* What to produce: All that should be output is the block of lines below from the line with "pub gcm_iff : (job" to the line with "des_iff job = ground (arith, three_low_bits", both included, exactly as written.

* Collected data entries:
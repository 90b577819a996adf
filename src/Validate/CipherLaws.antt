-- ===== src/Validate/CipherLaws.antt =====
-- Each case of the switch over `cipher_mode` accepts the jobs of its condition, and no others.
use intel_ipsec_mb.Base.{ℕ, ◌≡◌, ◌↔◌, true, false, arith}
use intel_ipsec_mb.Base.Bits.{two_low_bits, three_low_bits, four_low_bits}
use intel_ipsec_mb.Job.{Job}
use intel_ipsec_mb.Validate.Outcome.{ok}
use intel_ipsec_mb.Validate.Aes.{
  check_cbc, check_ecb, check_cntr, check_docsis, check_gcm, check_ccm, check_pon, check_pon_cipher,
}
use intel_ipsec_mb.Validate.NonAes.{
  check_custom, check_des, check_docsis_des, check_des3, check_des3_keys, check_zuc_eea3,
  check_snow3g_uea2, check_kasumi_uea1, check_chacha20, check_chacha20_poly1305,
}
use intel_ipsec_mb.Validate.Spec.{
  CbcSpec, CbcsSpec, EcbSpec, CntrSpec, DocsisSpec, GcmSpec, CcmSpec, PonSpec, CustomSpec, DesSpec,
  DocsisDesSpec, Des3Spec, ZucEea3Spec, Snow3gUea2Spec, KasumiUea1Spec, Chacha20Spec,
  Chacha20Poly1305Spec,
}

pub cbc_iff : (job : Job) → (check_cbc false job ≡ ok tt) ↔ CbcSpec job
unfolding check_cbc
cbc_iff job = ground (arith, four_low_bits job.msg_len_to_cipher)

pub cbcs_iff : (job : Job) → (check_cbc true job ≡ ok tt) ↔ CbcsSpec job
unfolding check_cbc
cbcs_iff job = ground (arith, four_low_bits job.msg_len_to_cipher)

pub ecb_iff : (job : Job) → (check_ecb job ≡ ok tt) ↔ EcbSpec job
unfolding check_ecb
ecb_iff job = ground (arith, four_low_bits job.msg_len_to_cipher)

pub cntr_iff : (job : Job) → (check_cntr job ≡ ok tt) ↔ CntrSpec job
unfolding check_cntr
cntr_iff job = ground arith

pub docsis_iff : (job : Job) → (check_docsis job ≡ ok tt) ↔ DocsisSpec job
unfolding check_docsis
docsis_iff job = ground arith

pub gcm_iff : (job : Job) → (check_gcm job ≡ ok tt) ↔ GcmSpec job
unfolding check_gcm
gcm_iff job = ground arith

pub ccm_iff : (job : Job) → (check_ccm job ≡ ok tt) ↔ CcmSpec job
unfolding check_ccm
ccm_iff job = ground arith

pub pon_iff : (job : Job) → (check_pon job ≡ ok tt) ↔ PonSpec job
unfolding check_pon check_pon_cipher
pon_iff job = ground (arith, two_low_bits job.msg_len_to_cipher)

pub custom_iff : (job : Job) → (check_custom job ≡ ok tt) ↔ CustomSpec job
unfolding check_custom
custom_iff job = ground arith

pub des_iff : (job : Job) → (check_des job ≡ ok tt) ↔ DesSpec job
unfolding check_des
des_iff job = ground (arith, three_low_bits job.msg_len_to_cipher)

pub docsis_des_iff : (job : Job) → (check_docsis_des job ≡ ok tt) ↔ DocsisDesSpec job
unfolding check_docsis_des
docsis_des_iff job = ground arith

pub des3_iff : (load : ℕ → ℕ) (job : Job) → (check_des3 load job ≡ ok tt) ↔ Des3Spec load job
unfolding check_des3 check_des3_keys
des3_iff load job = ground (arith, three_low_bits job.msg_len_to_cipher)

pub zuc_eea3_iff : (job : Job) → (check_zuc_eea3 job ≡ ok tt) ↔ ZucEea3Spec job
unfolding check_zuc_eea3
zuc_eea3_iff job = ground arith

pub snow3g_uea2_iff : (job : Job) → (check_snow3g_uea2 job ≡ ok tt) ↔ Snow3gUea2Spec job
unfolding check_snow3g_uea2
snow3g_uea2_iff job = ground arith

pub kasumi_uea1_iff : (job : Job) → (check_kasumi_uea1 job ≡ ok tt) ↔ KasumiUea1Spec job
unfolding check_kasumi_uea1
kasumi_uea1_iff job = ground arith

pub chacha20_iff : (job : Job) → (check_chacha20 job ≡ ok tt) ↔ Chacha20Spec job
unfolding check_chacha20
chacha20_iff job = ground arith

pub chacha20_poly1305_iff :
    (job : Job) → (check_chacha20_poly1305 job ≡ ok tt) ↔ Chacha20Poly1305Spec job
unfolding check_chacha20_poly1305
chacha20_poly1305_iff job = ground arith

* Solution for this exercise:
pub gcm_iff : (job : Job) → (check_gcm job ≡ ok tt) ↔ GcmSpec job
unfolding check_gcm
gcm_iff job = ground arith

pub ccm_iff : (job : Job) → (check_ccm job ≡ ok tt) ↔ CcmSpec job
unfolding check_ccm
ccm_iff job = ground arith

pub pon_iff : (job : Job) → (check_pon job ≡ ok tt) ↔ PonSpec job
unfolding check_pon check_pon_cipher
pon_iff job = ground (arith, two_low_bits job.msg_len_to_cipher)

pub custom_iff : (job : Job) → (check_custom job ≡ ok tt) ↔ CustomSpec job
unfolding check_custom
custom_iff job = ground arith

pub des_iff : (job : Job) → (check_des job ≡ ok tt) ↔ DesSpec job
unfolding check_des
des_iff job = ground (arith, three_low_bits job.msg_len_to_cipher)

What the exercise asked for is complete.